For 2008 we are targeting consolidated adjusted EBITDA of 10 to $12 million. Our adjusted EBITDA guidance reflects the impact of the restructuring one client contract with this restructuring that will result in lower Service Fee revenue under the contract and reduce capital asset charges on the related equipment. So it has a little bit of an impact on the EBITDA side, but less of an impact on the bottom line-aspect of things in there. So this year we’ve chosen to also provide you an estimate of our non-GAAP net income for ‘08, which we believe will be in the range of one to $3 million. So in recap, that’s 445 to 475 million on the top line, EBITDA of 10 to 12 million and an adjusted or non-GAAP net income guidance of one to $3 million positive on the bottom line.

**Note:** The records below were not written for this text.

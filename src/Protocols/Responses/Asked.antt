-- ===== src/Protocols/Responses/Asked.antt =====
-- What a request is after src/mr_hide/protocols/responses/json_body.py.
use mr_hide.Prelude.{Text, ◌≡◌, refl, sym, subst, true, false, text, text_eq}
use mr_hide.Json.{Json, null, string, array, object, Items, Fields, put_field, get_or_null}
use mr_hide.Json.Laws.{OthersKept, put_field-OthersKept, get_or_null-kept, get_or_null-put}
use mr_hide.Policy.{ContentKind, conversation, tool_definition}
use mr_hide.Protocols.Documents.{BodyLibrary}
use mr_hide.Protocols.Contract.{EveryItem}
use mr_hide.Protocols.Released.{TreeReleased}
use mr_hide.Protocols.Responses.Released.{ItemReleased}

module _ (l : BodyLibrary) (P : ContentKind → Text → Type 0) where
  -- Nothing, a text, or a list of items.
  pub data TextOrItems : Json → Type 0 where
    nothing : TextOrItems null
    one_text : {t : Text} → P conversation t → TextOrItems (string t)
    some_items : {vs : Items} → EveryItem (ItemReleased l P false) vs → TextOrItems (array vs)

  -- The definitions of tools.
  pub data Tools : Json → Type 0 where
    no_tools : Tools null
    some_tools :
        {vs : Items} → EveryItem (TreeReleased P true tool_definition) vs → Tools (array vs)

  -- A prompt, whose variables are good.
  pub data Prompt : Json → Type 0 where
    no_prompt : Prompt null
    a_prompt :
        {fs : Fields}
        → TreeReleased P false conversation (get_or_null (text "variables") fs)
        → Prompt (object fs)

  -- The instructions, the input, the tools and the prompt are good.
  abbrev pub RequestReleased : Fields → Type 0
  unfolding text
  RequestReleased fs =
      TextOrItems (get_or_null (text "instructions") fs)
      × TextOrItems (get_or_null (text "input") fs)
      × Tools (get_or_null (text "tools") fs)
      × Prompt (get_or_null (text "prompt") fs)

-- What stands under a key has the property, and the other keys are as they were.
abbrev pub IsHeld : Text → (Json → Type 0) → Fields → Fields → Type 0
IsHeld key Q fs gs = Q (get_or_null key gs) × OthersKept key fs gs

pub IsHeld-put :
    (key : Text) (Q : Json → Type 0) (v : Json) (fs : Fields)
    → Q v
    → IsHeld key Q fs (put_field key v fs)
IsHeld-put key Q v fs good = (
  subst Q (sym (get_or_null-put key v fs)) good,
  put_field-OthersKept key v fs (put_field key v fs) refl,
)

pub IsHeld-same :
    (key : Text) (Q : Json → Type 0) (v : Json) (fs : Fields)
    → get_or_null key fs ≡ v
    → Q v
    → IsHeld key Q fs fs
IsHeld-same key Q v fs e good = (subst Q (sym e) good, λ j other. refl)

pub IsHeld-kept :
    (k key : Text) (Q : Json → Type 0) (fs gs : Fields)
    → text_eq k key ≡ false
    → OthersKept k fs gs
    → Q (get_or_null key fs)
    → Q (get_or_null key gs)
IsHeld-kept k key Q fs gs other kept good =
    subst Q (sym (get_or_null-kept k key fs gs other kept)) good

Just a quick comment with respect to our current market valuation, we’re clearly disappointed with where the shares have traded. We feel that there is a clear misperception between our current stock price and the performance of our business as a whole and in effort to try and rectify this situation we’re turning our effort to initiate an active IR campaign to achieve greater visibility. We need to attract additional sell-side analysts, or attract sell-side analysts period, and focus these efforts on enhancing shareholder value.
That concludes our prepared remarks for today. Tom, Mike and I will now be available for questions that you may have. Operator?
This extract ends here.